-- ===== src/Sched/Fair.antt =====
-- kernel/tasks/sched.c: no ready thread waits for ever while the others keep running.
use mathlib.Core.Path.{subst}
use mathlib.Core.List.{append_assoc}
use model_lib.Common.{
  ℕ, suc, ◌<◌, ◌≡◌, ◌≢◌, refl, sym, ap, ◌∙◌, true, false, Option, some, List, [], ◌∷◌, ◌++◌, arith,
  ◌==◌, add32, and_then, length, length-append, ap₂,
}
use model_lib.Sched.{
  Ptr, null, running, Thread, Sched, is_ready, unlink_first, sched_task, sched_unlock, retire,
  proc_switch_to_thread, switch_to, then_switch, switch_task,
}
use model_lib.Sched.Queue.{Fresh, Fresh-append, update-next, update_self, update_ne}
use model_lib.Sched.Ready.{linked, sched_task-linked}
use model_lib.Sched.Rotate.{
  get_next_task-first, switch_task-on, sched_task-state, sched_task-cur, stopped, put_by,
  put_by-state, retire-state,
}
use model_lib.Sched.Chain.{
  Chain, Chain-first, Chain-last, Chain-append, Chain-next, Ready, Ready-same, Ready-append,
}

-- `c` runs, and the ready list holds the ready threads `xs`; the idle task is none of them.
pub record Rotates (s : Sched) (c : Ptr) (xs : List Ptr) : Type 0 where
  pub current : s.cur_task ≡ c
  pub runs : (s.threads c).state ≡ running
  pub some_task : c ≢ null
  pub list : Chain s.threads xs s.ready_list_start s.ready_list_end
  pub ready : Ready s.threads xs
  pub apart : Fresh c xs
  pub idle : Fresh s.idle_task (c ∷ xs)
  pub on : s.switching_flag ≡ true

retire-Chain :
    (s : Sched) (c y : Ptr) (r : List Ptr) (ms : ℕ)
    → (s.threads c).state ≡ running
    → Chain s.threads (y ∷ r) s.ready_list_start s.ready_list_end
    → c ≢ s.idle_task
    → c ≢ null
    → Fresh c (y ∷ r)
    → let t = retire s c ms in
      Chain t.threads ((y ∷ r) ++ c ∷ []) t.ready_list_start t.ready_list_end
retire-Chain s c y r ms run q busy ne f =
    let by = put_by s c run ms in
    let q' =
      Chain-next s.threads by.threads (y ∷ r) _ _
        (update-next s.threads c (stopped s c run ms) refl) q in
    let l = linked by c in
    let e =
      sched_task-linked by c (put_by-state s c run ms) busy (Chain-last by.threads y r _ _ q') in
    let done : Chain l.threads ((y ∷ r) ++ c ∷ []) l.ready_list_start l.ready_list_end =
      Chain-append by.threads y r c _ _ q' f ne in
    let after = sched_task by c in
    let done' : Chain after.threads ((y ∷ r) ++ c ∷ []) after.ready_list_start
        after.ready_list_end =
      subst (λ (u : Sched). Chain u.threads ((y ∷ r) ++ c ∷ []) u.ready_list_start u.ready_list_end)
        (sym e) done in
    Chain-next after.threads (retire s c ms).threads ((y ∷ r) ++ c ∷ []) _ _
      (update-next after.threads c _ refl) done'

sched_task-same :
    (s : Sched) (th : Ptr)
    → ((sched_task s th).idle_task ≡ s.idle_task)
      × ((sched_task s th).switching_flag ≡ s.switching_flag)
unfolding sched_task
sched_task-same s th = (ground arith, ground arith)

-- A switch from `c` to `x`, past the choice of `x`.
switch_to-Rotates :
    (ms : ℕ) (s : Sched) (c x y : Ptr) (r : List Ptr)
    → Chain s.threads (y ∷ r) s.ready_list_start s.ready_list_end
    → c ≢ x
    → x ≢ null
    → (s.threads c).state ≡ running
    → c ≢ null
    → Fresh c (y ∷ r)
    → Fresh x (y ∷ r)
    → Fresh s.idle_task (c ∷ x ∷ y ∷ r)
    → Ready s.threads (y ∷ r)
    → s.switching_flag ≡ true
    → Rotates (switch_to ms c (x, s)) x ((y ∷ r) ++ c ∷ [])
unfolding switch_to proc_switch_to_thread sched_unlock
switch_to-Rotates ms s c x y r q apart some_x run ne f fx idle ready on =
    let s' = record s { cur_task = x } in
    let gone = retire s' c ms in
    let t : Thread = record (gone.threads x) { state = running } in
    let switched : (c == x) ≡ false = ground arith in
    let done = sched_unlock (proc_switch_to_thread gone x) in
    let by = put_by s' c run ms in
    let same = sched_task-same by c in
    let busy : c ≢ s.idle_task = λ e. idle.0 (sym e) in
    let others : (p : Ptr) → p ≢ c → (gone.threads p).state ≡ (s.threads p).state = λ p h.
      ap (λ u. u.state) (update_ne (sched_task by c).threads c p _ h)
      ∙ sched_task-state by c p
      ∙ ap (λ u. u.state) (update_ne s.threads c p _ h) in
    let gone-ready : Ready gone.threads ((y ∷ r) ++ c ∷ []) =
      Ready-append gone.threads (y ∷ r) c
        (Ready-same s.threads gone.threads c (y ∷ r) f others ready) (retire-state s' c run ms) in
    let fresh-all = Fresh-append x (y ∷ r) c fx (λ e. apart (sym e)) in
    let rotates : Rotates done x ((y ∷ r) ++ c ∷ []) = record {
      current = sched_task-cur by c;
      runs = ap (λ u. u.state) (update_self gone.threads x t);
      some_task = some_x;
      list =
          Chain-next gone.threads done.threads ((y ∷ r) ++ c ∷ []) _ _
            (update-next gone.threads x t refl) (retire-Chain s' c y r ms run q busy ne f);
      ready =
          Ready-same gone.threads done.threads x ((y ∷ r) ++ c ∷ []) fresh-all
            (λ p h. ap (λ u. u.state) (update_ne gone.threads x p t h)) gone-ready;
      apart = fresh-all;
      idle =
          subst (λ p. Fresh p (x ∷ (y ∷ r) ++ c ∷ [])) (sym same.0)
            (idle.1.0, Fresh-append s.idle_task (y ∷ r) c idle.1.1 idle.0);
      on = same.1 ∙ on;
    } in
    rw switched rotates

-- One switch.
switch_task-Rotates :
    (fuel ms : ℕ) (s : Sched) (c x y : Ptr) (r : List Ptr)
    → Rotates s c (x ∷ y ∷ r)
    → (t : Sched) × (switch_task (suc fuel) ms s ≡ some t) × Rotates t x ((y ∷ r) ++ c ∷ [])
switch_task-Rotates fuel ms s c x y r h =
    let locked = record s { sched_slock = add32 s.sched_slock 1 } in
    let u = unlink_first locked in
    let at : s.ready_list_start ≡ x = h.list.0 in
    let start-ready : is_ready (s.threads s.ready_list_start).state ≡ true =
      ap (λ p. is_ready (s.threads p).state) at ∙ ap is_ready h.ready.0 in
    let found = get_next_task-first fuel locked (λ e. h.list.1 (sym at ∙ e)) start-ready in
    let tail : Chain s.threads (y ∷ r) (s.threads s.ready_list_start).next s.ready_list_end =
      subst (λ p. Chain s.threads (y ∷ r) (s.threads p).next s.ready_list_end) (sym at) h.list.3 in
    let next = Chain-first s.threads y r _ _ tail in
    let some_next : ((s.threads s.ready_list_start).next == null) ≡ false = ground arith in
    let rest : Chain u.threads (y ∷ r) u.ready_list_start u.ready_list_end = rw some_next tail in
    (
      switch_to ms c (x, u),
      switch_task-on (suc fuel) ms s h.on
          ∙ ap (then_switch ms s.cur_task) found
          ∙ ap₂ (λ p q. some (switch_to ms p (q, u))) h.current at,
      switch_to-Rotates ms u c x y r rest h.apart.0 h.list.1 h.runs h.some_task h.apart.1 h.list.2
          h.idle h.ready.1 h.on,
    )

-- Calls of `_switch_task` at these times, one behind the other.
unfoldable pub switches_at : ℕ → List ℕ → Sched → Option Sched
switches_at fuel [] s = some s
switches_at fuel (ms ∷ times) s = and_then (switch_task fuel ms s) (switches_at fuel times)

-- A switch with more than one thread in the list, however it is written.
rotate :
    (fuel ms : ℕ) (s : Sched) (c x : Ptr) (l : List Ptr)
    → 0 < length l
    → Rotates s c (x ∷ l)
    → (t : Sched) × (switch_task (suc fuel) ms s ≡ some t) × Rotates t x (l ++ c ∷ [])
rotate fuel ms s c x [] p h = absurd (omega arith)
rotate fuel ms s c x (y ∷ r) p h = switch_task-Rotates fuel ms s c x y r h

-- Round robin: while switching is on, `c` runs, and the ready list holds two threads or more, all of
-- them ready, every thread of the list runs after exactly as many calls of `_switch_task` as there
-- are threads before it and one more. No call hangs.
pub switches_at-runs :
    (fuel : ℕ) (times : List ℕ) (s : Sched) (c : Ptr) (before : List Ptr) (x : Ptr)
    (behind : List Ptr)
    → Rotates s c (before ++ x ∷ behind)
    → 0 < length (before ++ behind)
    → length times ≡ suc (length before)
    → (t : Sched) × (switches_at (suc fuel) times s ≡ some t)
      × (t.cur_task ≡ x)
      × ((t.threads x).state ≡ running)
unfolding switches_at
switches_at-runs fuel [] s c before x behind h two n = absurd (omega arith)
switches_at-runs fuel (ms ∷ more ∷ times) s c [] x behind h two n = absurd (omega arith)
switches_at-runs fuel (ms ∷ []) s c [] x behind h two n =
    let one = rotate fuel ms s c x behind two h in (one.0, rw one.1 refl, one.2.current, one.2.runs)
switches_at-runs fuel (ms ∷ times) s c (y ∷ before) x behind h two n =
    let one =
      rotate fuel ms s c y (before ++ x ∷ behind) (omega (arith, length-append before (x ∷ behind)))
        h in
    let next : Rotates one.0 y (before ++ x ∷ (behind ++ c ∷ [])) =
      subst (λ l. Rotates one.0 y l) (append_assoc before (x ∷ behind) (c ∷ [])) one.2 in
    let rest =
      switches_at-runs fuel times one.0 y before x (behind ++ c ∷ []) next
        (omega (arith, length-append before (behind ++ c ∷ []), length-append behind (c ∷ [])))
        (omega arith) in
    (rest.0, rw one.1 rest.1, rest.2, rest.3)
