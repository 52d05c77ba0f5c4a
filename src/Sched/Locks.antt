-- ===== src/Sched/Locks.antt =====
-- The scheduler's lock count, and how it leaves `_switch_task`.
use model_lib.Common.{
  ℕ, zero, suc, ◌+◌, ◌≡◌, ◌<◌, refl, sym, ap, ◌∙◌, inl, inr, Bool, true, ◌&&◌, Option, none, some,
  arith, if◌then◌else◌, Bool-cases, ◌==◌, add32, sub32, u32_mod,
}
use mathlib.Core.Path.{subst}
use model_lib.Sched.{
  then_switch, Ptr, null, Sched, is_ready, unlink_first, pop_first_ready, then_choose,
  get_next_task, sched_task, sched_lock, sched_unlock, proc_switch_to_thread, switch_to,
  switch_task,
}

-- What the search for the next task leaves alone.
abbrev Keeps : Sched → Option (Ptr × Sched) → Type 0
Keeps s none = Unit {0}
Keeps s (some got) = (got.1.sched_slock ≡ s.sched_slock) × (got.1.cur_task ≡ s.cur_task)

pop_first_ready-Keeps : (fuel : ℕ) (s : Sched) → Keeps s (pop_first_ready fuel s)
unfolding pop_first_ready
pop_first_ready-Keeps zero s = tt
pop_first_ready-Keeps (suc fuel) s = elim (Bool-cases (s.ready_list_start == null)) [
  | inl e ↦ rw e (refl, refl)
  | inr e ↦ elim (Bool-cases (is_ready (s.threads s.ready_list_start).state)) [
    | inl f ↦ rw (e, f) (refl, refl)
    | inr f ↦ rw (e, f) (pop_first_ready-Keeps fuel (unlink_first s))
  ]
]

get_next_task-Keeps : (fuel : ℕ) (s : Sched) → Keeps s (get_next_task fuel s)
unfolding get_next_task
get_next_task-Keeps fuel s = chosen (pop_first_ready fuel s) (pop_first_ready-Keeps fuel s)
  where
    chosen : (o : Option (Ptr × Sched)) → Keeps s o → Keeps s (then_choose o)
    chosen none k = tt
    chosen (some r) k = k

sched_task-slock : (s : Sched) (th : Ptr) → (sched_task s th).sched_slock ≡ s.sched_slock
unfolding sched_task
sched_task-slock s th = ground arith

sched_task-cur_task : (s : Sched) (th : Ptr) → (sched_task s th).cur_task ≡ s.cur_task
unfolding sched_task
sched_task-cur_task s th = ground arith

-- `_switch_task` past the choice: the count falls only if another task is taken.
SwitchesTo : (prev task : Ptr) (before after : Sched) → Type 0
SwitchesTo prev task before after =
    (after.cur_task ≡ task)
    × (after.sched_slock
        ≡ (if prev == task then before.sched_slock else sub32 before.sched_slock 1))

switch_to-SwitchesTo :
    (ms : ℕ) (prev task : Ptr) (s : Sched) → SwitchesTo prev task s (switch_to ms prev (task, s))
unfolding SwitchesTo switch_to sched_unlock proc_switch_to_thread
switch_to-SwitchesTo ms prev task s = elim (Bool-cases (prev == task)) [
  | inl e ↦ rw e (refl, refl)
  | inr e ↦ rw e (sched_task-cur_task _ prev, ap (λ n. sub32 n 1) (sched_task-slock _ prev))
]

-- What a call of `_switch_task` does to the lock count.
abbrev pub Counts : Sched → Option Sched → Type 0
Counts s none = Unit {0}
Counts s (some t) =
    t.sched_slock
    ≡ (if s.switching_flag && (s.cur_task == t.cur_task) then s.sched_slock + 1 else s.sched_slock)

choice-Counts :
    (ms : ℕ) (s : Sched) (o : Option (Ptr × Sched))
    → s.switching_flag ≡ true
    → s.sched_slock + 1 < u32_mod
    → Keeps (record s { sched_slock = add32 s.sched_slock 1 }) o
    → Counts s (then_switch ms s.cur_task o)
unfolding SwitchesTo
choice-Counts ms s none on h k = tt
choice-Counts ms s (some (task, u)) on h k =
    let to = switch_to-SwitchesTo ms s.cur_task task u in
    let raised : u.sched_slock ≡ s.sched_slock + 1 = k.0 ∙ omega arith in
    elim (Bool-cases (s.cur_task == task)) [
      | inl e ↦ rw (to.0, on, e) ((rw e at to.1) ∙ raised)
      | inr e ↦ rw (to.0, on, e) ((rw e at to.1) ∙ ap (λ n. sub32 n 1) raised ∙ omega arith)
    ]

-- A call of `_switch_task` that ends leaves the lock count as it found it, except when switching is
-- on and the running task is taken again: then the count stays one higher.
pub switch_task-Counts :
    (fuel ms : ℕ) (s : Sched) → s.sched_slock + 1 < u32_mod → Counts s (switch_task fuel ms s)
unfolding switch_task sched_lock sched_unlock
switch_task-Counts fuel ms s h =
    let locked = record s { sched_slock = add32 s.sched_slock 1 } in
    let on = then_switch ms s.cur_task (get_next_task fuel locked) in
    let off = some (record s { sched_slock = sub32 locked.sched_slock 1 }) in
    let by = λ (b : Bool). if b then on else off in
    elim (Bool-cases s.switching_flag) [
      | inr e ↦ subst (Counts s) (sym (ap by e)) (rw e (omega arith))
      | inl e ↦
          subst (Counts s) (sym (ap by e))
            (choice-Counts ms s (get_next_task fuel locked) e h (get_next_task-Keeps fuel locked))
    ]
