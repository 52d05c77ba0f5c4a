-- ===== src/Sched/Stuck.antt =====
-- kernel/tasks/sched.c: `_pop_first_ready` on a ready list that leads back into itself.
use model_lib.Common.{
  ℕ, zero, suc, ◌≡◌, ◌≢◌, refl, ap, ◌∙◌, ◌⊎◌, true, false, none, List, [], ◌∷◌, arith, ◌==◌,
}
use model_lib.Sched.{
  Ptr, null, Threads, Sched, is_ready, unlink_first, pop_first_ready, get_next_task, then_choose,
  switch_task, then_switch,
}
use model_lib.Sched.Rotate.{switch_task-on}

-- `p` is one of the threads of a list.
abbrev pub In : Ptr → List Ptr → Type 0
In p [] = ⊥
In p (x ∷ xs) = (p ≡ x) ⊎ In p xs

-- The threads `xs` lead nowhere but to each other, and none of them is ready.
pub record IsTrap (ts : Threads) (xs : List Ptr) : Type 0 where
  pub some_thread : (p : Ptr) → In p xs → p ≢ null
  pub unready : (p : Ptr) → In p xs → is_ready (ts p).state ≡ false
  pub closed : (p : Ptr) → In p xs → In (ts p).next xs

pop_first_ready-stuck :
    (fuel : ℕ) (s : Sched) (xs : List Ptr)
    → IsTrap s.threads xs
    → In s.ready_list_start xs
    → pop_first_ready fuel s ≡ none
unfolding pop_first_ready
pop_first_ready-stuck zero s xs h m = refl
pop_first_ready-stuck (suc fuel) s xs h m =
    let left : (s.ready_list_start == null) ≡ false =
      ground (arith, h.some_thread s.ready_list_start m) in
    rw (left, h.unready s.ready_list_start m)
      (pop_first_ready-stuck fuel (unlink_first s) xs h (h.closed s.ready_list_start m))

-- While the ready list begins with a thread of such a trap and switching is on, `_switch_task` does
-- not end, however many threads it may look at.
pub switch_task-stuck :
    (fuel ms : ℕ) (s : Sched) (xs : List Ptr)
    → s.switching_flag ≡ true
    → IsTrap s.threads xs
    → In s.ready_list_start xs
    → switch_task fuel ms s ≡ none
unfolding get_next_task
switch_task-stuck fuel ms s xs on h m =
    switch_task-on fuel ms s on
    ∙ ap (λ o. then_switch ms s.cur_task (then_choose o)) (pop_first_ready-stuck fuel _ xs h m)
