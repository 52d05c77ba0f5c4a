-- ===== src/Sched/Tests.antt =====
-- Runs of the scheduler, and its theorems at concrete states.
use model_lib.Common.{
  ℕ, ◌≡◌, ◌≢◌, inl, inr, refl, true, false, Option, none, some, List, [], ◌∷◌, arith, if◌then◌else◌,
  ◌==◌,
}
use model_lib.Sched.{
  is_ready, Ptr, null, ThreadState, running, ready_to_run, blocked, Thread, Threads, Sched,
  sched_lock, sched_unlock, pop_first_ready, get_next_task, sched_task, proc_switch_to_thread,
  switch_to, switch_task, sched_run, sched_pause, sched_block, sched_unblock, sched_sleep_until,
  sched_wait_task,
}
use model_lib.Sched.Ready.{Holds, Pops, first_ready, pop_first_ready-Pops}
use model_lib.Sched.Locks.{Counts, switch_task-Counts}
use model_lib.Sched.Rotate.{Turns, switch_task-Turns}
use model_lib.Sched.Fair.{Rotates, switches_at, switches_at-runs}
use model_lib.Sched.Stuck.{In, IsTrap, switch_task-stuck}

abbrev thread : ThreadState → Ptr → Thread
thread st p = record { state = st; wake_time = 0; cpu_time = 0; waiters = null; next = p }

-- Thread 2 runs, 3 and 4 are ready, 5 is new, all others are blocked; 1 is the idle task.
abbrev four : Threads
four p =
    if p == 2
    then thread running null
    else if p == 3
    then thread ready_to_run 4
    else if p == 4
    then thread ready_to_run null
    else if p == 5
    then thread ready_to_run null
    else thread blocked null

abbrev busy : Sched
busy = record {
  threads = four;
  sched_slock = 0;
  switching_flag = true;
  ready_list_start = 3;
  ready_list_end = 4;
  idle_task = 1;
  sleep_list = null;
  cur_task = 2;
  prev_switch_time = 0;
  switches = [];
}

-- What a run shows: the running thread, the first ready one and the lock count.
abbrev seen : Option Sched → List ℕ
seen none = []
seen (some s) = s.cur_task ∷ s.ready_list_start ∷ s.sched_slock ∷ []

abbrev then_run : (Sched → Option Sched) → Option Sched → Option Sched
then_run f none = none
then_run f (some s) = f s

next_turn : seen (switch_task 8 50 busy) ≡ 3 ∷ 4 ∷ 0 ∷ []
unfolding switch_task sched_lock sched_unlock get_next_task pop_first_ready switch_to sched_task
    proc_switch_to_thread
next_turn = refl

paused : seen (switch_task 8 50 (sched_pause busy)) ≡ 2 ∷ 3 ∷ 0 ∷ []
unfolding switch_task sched_lock sched_unlock sched_pause
paused = refl

resumed : sched_run (sched_pause busy) ≡ busy
unfolding sched_run sched_pause sched_lock sched_unlock
resumed = refl

blocks : seen (sched_block 8 50 busy) ≡ 3 ∷ 4 ∷ 0 ∷ []
unfolding sched_block switch_task sched_lock sched_unlock get_next_task pop_first_ready switch_to
    sched_task proc_switch_to_thread
blocks = refl

unblocks : seen (sched_unblock 8 50 busy 6) ≡ 3 ∷ 4 ∷ 0 ∷ []
unfolding sched_unblock switch_task sched_lock sched_unlock get_next_task pop_first_ready switch_to
    sched_task proc_switch_to_thread
unblocks = refl

waits : seen (sched_wait_task 8 50 busy 4) ≡ 3 ∷ 4 ∷ 0 ∷ []
unfolding sched_wait_task sched_block switch_task sched_lock sched_unlock get_next_task
    pop_first_ready switch_to sched_task proc_switch_to_thread
waits = refl

-- Two turns, then the running thread 4 sleeps, then two turns more: thread 2 is ready and in no list.
abbrev five_steps : Option Sched
five_steps = then_run (switch_task 8 250) (
    then_run (switch_task 8 200) (
      then_run (λ s. sched_sleep_until 8 150 s 9000)
        (then_run (switch_task 8 100) (switch_task 8 50 busy))))

abbrev state_of : Ptr → Option Sched → Option ThreadState
state_of p none = none
state_of p (some s) = some (s.threads p).state

lost : seen five_steps ≡ 3 ∷ null ∷ 1 ∷ []
unfolding sched_sleep_until sched_block switch_task sched_lock sched_unlock get_next_task
    pop_first_ready switch_to sched_task proc_switch_to_thread
lost = refl

lost_is_ready : state_of 2 five_steps ≡ some ready_to_run
unfolding sched_sleep_until sched_block switch_task sched_lock sched_unlock get_next_task
    pop_first_ready switch_to sched_task proc_switch_to_thread
lost_is_ready = refl

busy-Holds : Holds busy (3 ∷ 4 ∷ [])
busy-Holds = (refl, omega arith, (omega arith, tt), (refl, refl, omega arith, refl))

pop_first_ready-Pops_example :
    (got : Ptr × Sched) × (pop_first_ready 3 busy ≡ some got)
    × Pops busy (first_ready four (3 ∷ 4 ∷ [])) got
pop_first_ready-Pops_example = pop_first_ready-Pops 3 busy (3 ∷ 4 ∷ []) busy-Holds (omega arith)

switch_task-Counts_example : Counts busy (switch_task 8 50 busy)
switch_task-Counts_example = switch_task-Counts 8 50 busy (omega arith)

switch_task-Turns_example :
    (t : Sched) × (switch_task 3 50 busy ≡ some t) × Turns 2 3 (4 ∷ 2 ∷ []) t
switch_task-Turns_example =
    switch_task-Turns 2 50 busy 3 (4 ∷ []) refl busy-Holds refl refl (omega arith) (omega arith)
      (omega arith, (omega arith, tt)) refl

busy-Rotates : Rotates busy 2 (3 ∷ 4 ∷ [])
busy-Rotates = record {
  current = refl;
  runs = refl;
  some_task = omega arith;
  list = (refl, omega arith, (omega arith, tt), (refl, refl, omega arith));
  ready = (refl, (refl, tt));
  apart = (omega arith, (omega arith, tt));
  idle = (omega arith, (omega arith, (omega arith, tt)));
  on = refl;
}

switches_at-runs_example :
    (t : Sched) × (switches_at 3 (50 ∷ 100 ∷ []) busy ≡ some t)
    × (t.cur_task ≡ 4)
    × ((t.threads 4).state ≡ running)
switches_at-runs_example =
    switches_at-runs 2 (50 ∷ 100 ∷ []) busy 2 (3 ∷ []) 4 [] busy-Rotates (omega arith) refl

-- After three turns threads 2, 3 and 4 lead to each other; when all three have blocked, the last
-- call looks for a ready one without end.
abbrev all_block : ℕ → Option Sched
all_block fuel = then_run (sched_block fuel 300) (
    then_run (sched_block 8 250) (
      then_run (sched_block 8 200)
        (then_run (switch_task 8 150) (then_run (switch_task 8 100) (switch_task 8 50 busy)))))

hangs : seen (all_block 500) ≡ []
unfolding sched_block switch_task sched_lock sched_unlock get_next_task pop_first_ready switch_to
    sched_task proc_switch_to_thread
hangs = refl

-- The threads as the last of these calls finds them.
abbrev ring : Threads
ring p =
    if p == 2
    then thread blocked 3
    else if p == 3
    then thread blocked 4
    else if p == 4
    then thread blocked 2
    else thread running null

abbrev trapped : Sched
trapped = record busy { threads = ring; ready_list_start = 2; cur_task = 4 }

ring-closed : (p : Ptr) → In p (2 ∷ 3 ∷ 4 ∷ []) → In (ring p).next (2 ∷ 3 ∷ 4 ∷ [])
ring-closed p (inl e) = rw e (inr (inl refl))
ring-closed p (inr (inl e)) = rw e (inr (inr (inl refl)))
ring-closed p (inr (inr (inl e))) = rw e (inl refl)
ring-closed p (inr (inr (inr x))) = elim x [ ]

ring-unready : (p : Ptr) → In p (2 ∷ 3 ∷ 4 ∷ []) → is_ready (ring p).state ≡ false
ring-unready p (inl e) = rw e refl
ring-unready p (inr (inl e)) = rw e refl
ring-unready p (inr (inr (inl e))) = rw e refl
ring-unready p (inr (inr (inr x))) = elim x [ ]

ring-some : (p : Ptr) → In p (2 ∷ 3 ∷ 4 ∷ []) → p ≢ null
ring-some p m = ground arith

ring-IsTrap : IsTrap ring (2 ∷ 3 ∷ 4 ∷ [])
ring-IsTrap = record { some_thread = ring-some; unready = ring-unready; closed = ring-closed }

switch_task-stuck_example : switch_task 500 300 trapped ≡ none
switch_task-stuck_example =
    switch_task-stuck 500 300 trapped (2 ∷ 3 ∷ 4 ∷ []) refl ring-IsTrap (inl refl)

* AIM OF THE EXERCISE:
Please copy the lines in the records above between the one holding "(t : Sched) × (switch_task 3" and the one holding "hangs = refl", inclusive, exactly and with no other line.

* PROBLEM SOLUTION:
    (t : Sched) × (switch_task 3 50 busy ≡ some t) × Turns 2 3 (4 ∷ 2 ∷ []) t
switch_task-Turns_example =
    switch_task-Turns 2 50 busy 3 (4 ∷ []) refl busy-Holds refl refl (omega arith) (omega arith)
      (omega arith, (omega arith, tt)) refl

busy-Rotates : Rotates busy 2 (3 ∷ 4 ∷ [])
busy-Rotates = record {
  current = refl;
  runs = refl;
  some_task = omega arith;
  list = (refl, omega arith, (omega arith, tt), (refl, refl, omega arith));
  ready = (refl, (refl, tt));
  apart = (omega arith, (omega arith, tt));
  idle = (omega arith, (omega arith, (omega arith, tt)));
  on = refl;
}

switches_at-runs_example :
    (t : Sched) × (switches_at 3 (50 ∷ 100 ∷ []) busy ≡ some t)
    × (t.cur_task ≡ 4)
    × ((t.threads 4).state ≡ running)
switches_at-runs_example =
    switches_at-runs 2 (50 ∷ 100 ∷ []) busy 2 (3 ∷ []) 4 [] busy-Rotates (omega arith) refl

-- After three turns threads 2, 3 and 4 lead to each other; when all three have blocked, the last
-- call looks for a ready one without end.
abbrev all_block : ℕ → Option Sched
all_block fuel = then_run (sched_block fuel 300) (
    then_run (sched_block 8 250) (
      then_run (sched_block 8 200)
        (then_run (switch_task 8 150) (then_run (switch_task 8 100) (switch_task 8 50 busy)))))

hangs : seen (all_block 500) ≡ []
unfolding sched_block switch_task sched_lock sched_unlock get_next_task pop_first_ready switch_to
    sched_task proc_switch_to_thread
hangs = refl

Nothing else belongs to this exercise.